Wunschdistribution auf root-Server

 

Einige Anbieter von root-Server stellen natürlich die Wahl des Betriebssystems frei, aber nicht immer vorbereitet die "Wunschdistribution" bereit.

 

Für mich ist die Linux Wunschdistri für Opensim klar SuSe.  Als Anfängerlinux verschrieben bietet es simple administrative Werkzeuge (yast...) , wenn man mag eine deutsche Oberfläche und:   abseits aller wundersamen "source von hier, dann mit den Optionen neu compilieren"-Anweisungen waren meine Test auf SuSe 10.3 (mono 1.x) und 11.1 (mono 2.x) mit dem serienmäßigen MONO ohne jede Änderung erfolgreich.

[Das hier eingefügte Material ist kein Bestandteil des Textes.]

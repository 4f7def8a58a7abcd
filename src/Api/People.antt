-- ===== src/Api/People.antt =====
-- api/v1/farmers.py, the bank request of api/v1/farmer/profile.py, and the managers of
-- api/v1/admin.py: the requests that change accounts, profiles and bank details.
pub mod Reviewed
use agri_flow.Prelude.{ℕ, String, Bool, true, Option, none, some, [], ◌∷◌}
use agri_flow.Prelude.Decimal.{Decimal}
use agri_flow.Enums.{UserRole, UserStatus}
use agri_flow.Session.{Action}
use agri_flow.Permissions.{Claims}
use agri_flow.Accounts.{
  create_farmer, create_manager, reset_manager_password, update_manager_status, set_approval,
  ProfileUpdate, update_farmer_by_admin, update_manager,
}
use agri_flow.Farmers.{
  OwnUpdate, update_own_profile, BankDetails, request_bank_change, review_bank_change,
}
use agri_flow.Api.{answered, endpoint, farmer_endpoint}
use agri_flow.Api.Desk.{ge_zero}

-- An operation with its body; the last arguments are the keys drawn for the new rows.
pub data PeopleCall : Type 0 where
  update_my_profile_call : OwnUpdate → PeopleCall
  request_bank_change_call request_own_bank_change_call : BankDetails → ℕ → PeopleCall
  review_bank_change_call : ℕ → Bool → Option String → PeopleCall
  set_farmer_approval_call : ℕ → UserStatus → PeopleCall
  create_farmer_call :
      String
      → String
      → Option String
      → String
      → Option String
      → Option Decimal
      → Option String
      → ℕ
      → ℕ
      → PeopleCall
  update_farmer_call :
      ℕ → Option String → Option String → Option String → ProfileUpdate → ℕ → PeopleCall
  create_manager_call :
      String
      → String
      → Option String
      → String
      → UserRole
      → Option String
      → Option String
      → ℕ
      → ℕ
      → PeopleCall
  update_manager_status_call : ℕ → UserStatus → PeopleCall
  update_manager_call :
      ℕ
      → Option String
      → Option String
      → Option String
      → Option String
      → Option String
      → ℕ
      → PeopleCall
  reset_manager_password_call : ℕ → String → PeopleCall

abbrev pub ge_zero_given : Option Decimal → Bool
ge_zero_given none = true
ge_zero_given (some q) = ge_zero q

module _ (decode_token : String → Option Claims) (hash_password : String → String) where
  -- A call at its time, with the bearer token that it came with.
  unfoldable pub serve_people : ℕ × Option String × PeopleCall → Action (Unit {0})
  serve_people (now, token, PeopleCall.update_my_profile_call f) =
      endpoint decode_token token ("profile.update.own" ∷ []) (ge_zero_given f.acres_of_land)
        (λ i user. answered (update_own_profile i f))
  serve_people (now, token, PeopleCall.request_bank_change_call b k) =
      endpoint decode_token token ("bank_change.request" ∷ []) true
        (λ i user. answered (request_bank_change i b k))
  serve_people (now, token, PeopleCall.request_own_bank_change_call b k) =
      farmer_endpoint decode_token token "bank_change.request" true
        (λ i user. answered (request_bank_change i b k))
  serve_people (now, token, PeopleCall.review_bank_change_call r approve notes) =
      endpoint decode_token token ("bank_change.review" ∷ []) true
        (λ i user. answered (review_bank_change now i r approve notes))
  serve_people (now, token, PeopleCall.set_farmer_approval_call f status) =
      endpoint decode_token token ("farmer.approve" ∷ []) true
        (λ i user. answered (set_approval i f status))
  serve_people
        (now, token, PeopleCall.create_farmer_call name phone email pw address acres field k l) =
      endpoint decode_token token ("farmer.create" ∷ []) (ge_zero_given acres) (λ i user.
        answered (create_farmer hash_password i name phone email pw address acres field k l))
  serve_people (now, token, PeopleCall.update_farmer_call f name phone email profile k) =
      endpoint decode_token token ("farmer.create" ∷ []) (ge_zero_given profile.acres_of_land)
        (λ i user. answered (update_farmer_by_admin i f name phone email profile k))
  serve_people
        (now, token, PeopleCall.create_manager_call name phone email pw role region unit_ k l) =
      endpoint decode_token token ("manager.manage" ∷ []) true (λ i user.
        answered (create_manager hash_password i name phone email pw role region unit_ k l))
  serve_people (now, token, PeopleCall.update_manager_status_call m status) =
      endpoint decode_token token ("manager.manage" ∷ []) true
        (λ i user. answered (update_manager_status i m status))
  serve_people (now, token, PeopleCall.update_manager_call m name phone email region unit_ k) =
      endpoint decode_token token ("manager.manage" ∷ []) true
        (λ i user. answered (update_manager i m name phone email region unit_ k))
  serve_people (now, token, PeopleCall.reset_manager_password_call m new_password) =
      endpoint decode_token token ("manager.manage" ∷ []) true
        (λ i user. reset_manager_password hash_password i m new_password)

Bevorzugt sollte man auf einem root-Server ein Rettungssystem (minilinux) booten können , eine Neuinstallation per Service/Weboberfläche einleiten und (für mich essentiell) Zugriff auf die Konsole haben.

 

Einer meiner Hoster bietet z.B. auf Basis von FSC-Server eine serielle Konsolenumleitung.

 

Meine üblichen Schritte:

- Bestellung mit einem Minimallinux (Distri recht egal)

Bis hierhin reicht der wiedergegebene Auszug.